„FT-Abi-Plattform“-Serie: Artikel zu selbstgewählten Präsentations-Themen aus dem Psychologie-Unterricht von Klaus Schenck

Du bleibst in Stresssituationen cool? Gehst aus persönlichen Niederlagen gestärkt hervor? Du bist mental und emotional stark? Dann kannst du von dir behaupten, eine besonders resiliente Person zu sein! Doch viele können mit dem Begriff „Resilienz“ nur wenig anfangen. Zur kurzen Erklärung: Resilienz ist die Widerstandskraft beim Auftreten von Krisen, bei Belastungen, aber auch bei der Bewältigung von Entwicklungsschritten im Leben. Personen, die von sich behaupten können eine Stressbewältigungsfähigkeit, Problemlösungskompetenz, soziale Kompetenz, Selbststeuerung und eine gute Selbst- und Fremdwahrnehmung zu besitzen, können sich zu den sogenannten Stehaufmännchen zählen, denn sie lassen sich von nichts unterkriegen und schöpfen immer wieder neue Kraft bzw. innere Stärke. Phasen der Trauer sind im Leben vollkommen normal, doch trotz allem ist es wichtig zum richtigen Zeitpunkt wieder die Kurve zu bekommen und gestärkt aus Situationen hervorzugehen. Denn genau dies zeichnet resiliente Menschen aus, so auch ein Zitat von Antoine de Saint-Exupéry: „Bewahre mich vor dem naiven Glauben, es müsste im Leben alles gelingen. Schenke mir die nüchterne Erkenntnis, dass Schwierigkeiten, Niederlagen, Misserfolge, Rückschläge eine selbstverständliche Zugabe zum Leben sind, durch die wir wachsen und reifen.“

Viele denken, dass Kinder, die in Familien, in denen Gewalt, Alkoholmissbrauch oder Armut zum Alltag gehören, sich in der Zukunft zwangsläufig schlecht entwickeln. Doch eine sehr bekannte Studie, die Kauai-Studie, hat dies widerlegt. Das Team um die amerikanische Psychologin Emmy Werner beobachtete den Geburtsjahrgang 1955 der Kauai Insel 40 Jahre. Es wurden mit den Personen Interviews, Leistungstests, Persönlichkeitstests und Verhaltensbeobachtungen durchgeführt. Das Ergebnis war, dass 30% der Kinder, die in Risikofamilien aufgewachsen sind, sich positiv entwickelt haben und somit nicht mit dem Gesetz in Berührung gekommen sind. Schutzfaktoren, die es diesen Kindern ermöglichen aus ihrem Leben etwas zu machen und nicht beispielsweise kriminell zu werden, sind ihr ruhiges und positives Temperament, sie haben eine sehr offene Verhaltensweise gegenüber anderen Menschen, eine Bezugsperson, die ihnen Halt gibt, oder mussten bereits früh Verantwortung übernehmen, z.B. für kleine Geschwister.

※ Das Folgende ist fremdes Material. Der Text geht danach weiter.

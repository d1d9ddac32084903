-- ===== src/Bot/Running/Cancellation.antt =====
-- Why a run's context is cancelled, and how the shared `err` loses an error.
use cribe.Prelude.{
  ℕ, ◌+◌, ◌<◌, true, false, Option, none, some, List, [], ◌∷◌, ◌++◌, ◌≡◌, ◌≢◌, subst, refl, arith,
  ◌⊎◌, inl, inr,
}
use cribe.Errors.{Error}
use cribe.Bot.World.{World, Job}
use cribe.Bot.Updates.{Options}
use cribe.Bot.Running.{
  finished, Worker, Running, launched, AllFinished, Step, takes, goes_on, ends, gives_up, returns,
  cancels, leaves, dispatched, stops, concludes, interrupts, Reach, here, next,
}

-- How many workers returned an error.
abbrev pub errors : List (Option Error) → ℕ
errors [] = 0
errors (none ∷ rest) = errors rest
errors (some e ∷ rest) = 1 + errors rest

at_place :
    (before after : List Worker) (x : Worker)
    → AllFinished (before ++ x ∷ after)
    → x.stage ≡ finished
at_place [] after x h = h.0
at_place (y ∷ before) after x h = at_place before after x h.1

module _ {S : Type 0} where
  -- What a cancellation can come of: the context that `Run` was given, an error that a worker
  -- returned, or the end of `Run`, which waits for all workers.
  abbrev pub Cause : Running S → Type 0
  Cause r = (r.interrupted ≡ true) ⊎ ((0 < errors r.returned) ⊎ AllFinished r.workers)

  -- Updates stop only behind a cancellation, which has a cause; and an error in `err` was returned.
  record IsCaused (r : Running S) : Type 0 where
    stopped : r.receiving ≡ false → r.cancelled ≡ true
    caused : r.cancelled ≡ true → Cause r
    held : (e : Error) → r.err ≡ some e → 0 < errors r.returned

  still_caused :
      (r : Running S) {P : Type 0} (before after : List Worker) (x : Worker)
      → r.workers ≡ before ++ x ∷ after
      → x.stage ≢ finished
      → Cause r
      → (r.interrupted ≡ true) ⊎ ((0 < errors r.returned) ⊎ P)
  still_caused r before after x e n (inl a) = inl a
  still_caused r before after x e n (inr (inl b)) = inr (inl b)
  still_caused r before after x e n (inr (inr f)) =
      absurd (n (at_place before after x (subst AllFinished e f)))

  -- A step of a worker that is not finished shows that not all are.
  moves :
      {r : Running S} (w : World S) (failed : List Job) (before after : List Worker) (x y : Worker)
      → r.workers ≡ before ++ x ∷ after
      → x.stage ≢ finished
      → IsCaused r
      → IsCaused (record r { world = w; workers = before ++ y ∷ after; failed = failed })
  moves {r} w failed before after x y e n c = record {
    stopped = c.stopped;
    caused = λ f. still_caused r before after x e n (c.caused f);
    held = c.held;
  }

  Step-IsCaused : {r t : Running S} → Step r t → IsCaused r → IsCaused t
  Step-IsCaused (takes before after kind p e) c = moves _ _ before after _ _ e (λ s. cc) c
  Step-IsCaused (goes_on w e) c = record { stopped = c.stopped; caused = c.caused; held = c.held }
  Step-IsCaused (ends before after kind p e) c = moves _ _ before after _ _ e (λ s. cc) c
  Step-IsCaused (gives_up before after kind p e) c = moves _ _ before after _ _ e (λ s. cc) c
  Step-IsCaused {r} (returns before after kind none e) c = record {
    stopped = c.stopped;
    caused = λ f. still_caused r before after _ e (λ s. cc) (c.caused f);
    held = λ x f. cc;
  }
  Step-IsCaused (returns before after kind (some x) e) c = record {
    stopped = c.stopped;
    caused = λ f. inr (inl (omega arith));
    held = λ y f. omega arith;
  }
  Step-IsCaused (cancels before after kind x e f) c = record {
    stopped = λ g. refl;
    caused = λ g. inr (inl (c.held x f));
    held = c.held;
  }
  Step-IsCaused (leaves before after kind e f) c = moves _ _ before after _ _ e (λ s. cc) c
  Step-IsCaused (dispatched before after e) c = moves _ _ before after _ _ e (λ s. cc) c
  Step-IsCaused (stops f) c = record { stopped = λ g. f; caused = c.caused; held = c.held }
  Step-IsCaused (concludes f) c = record {
    stopped = λ g. refl;
    caused = λ g. inr (inr f);
    held = c.held;
  }
  Step-IsCaused interrupts c = record { stopped = λ g. refl; caused = λ g. inl refl; held = c.held }

  launched-IsCaused : (opts : Options) (w : World S) → IsCaused (launched opts w)
  unfolding launched
  launched-IsCaused opts w = record { stopped = λ g. cc; caused = λ g. cc; held = λ e g. cc }

  Reach-IsCaused : {r t : Running S} → Reach r t → IsCaused r → IsCaused t
  Reach-IsCaused here c = c
  Reach-IsCaused (next q st) c = Step-IsCaused st (Reach-IsCaused q c)

  -- However the goroutines interleave, a run stops receiving updates only when its context is
  -- cancelled, and that happens only if the context was done from outside, a worker returned an
  -- error, or all workers are finished, as they are when `Run` returns.
  pub cancelled-Reach :
      (opts : Options) (w : World S) (r : Running S)
      → Reach (launched opts w) r
      → (r.receiving ≡ false → r.cancelled ≡ true)
        × (r.cancelled ≡ true
            → (r.interrupted ≡ true) ⊎ ((0 < errors r.returned) ⊎ AllFinished r.workers))
  cancelled-Reach opts w r q =
      let c = Reach-IsCaused q (launched-IsCaused opts w) in (c.stopped, c.caused)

Jeder Mensch kann selbst an sich arbeiten, um widerstandsfähiger zu werden. Dazu ist es wichtig den Sprung aus dem Teufelskreis der Selbstentwertung zu schaffen. Vielen hilft es, ein wohlwollender Begleiter, das heißt eine Person, für die man sich möglichst jeden Tag ein wenig Zeit nimmt, mit der man über alles reden kann und eine Stütze für einen darstellt, zu finden. Zudem ist es wichtig, sich selbst mit Mut-Sätzen zu stärken. Es ist hilfreich, wenn man sich seine ganz persönlichen Mut-Sätze auf eine Karte in einer schönen Farbe schreibt und diese in schwierigen Momenten laut vor sich hersagt, denn dies gibt einem Mut und verändert die Stimmung!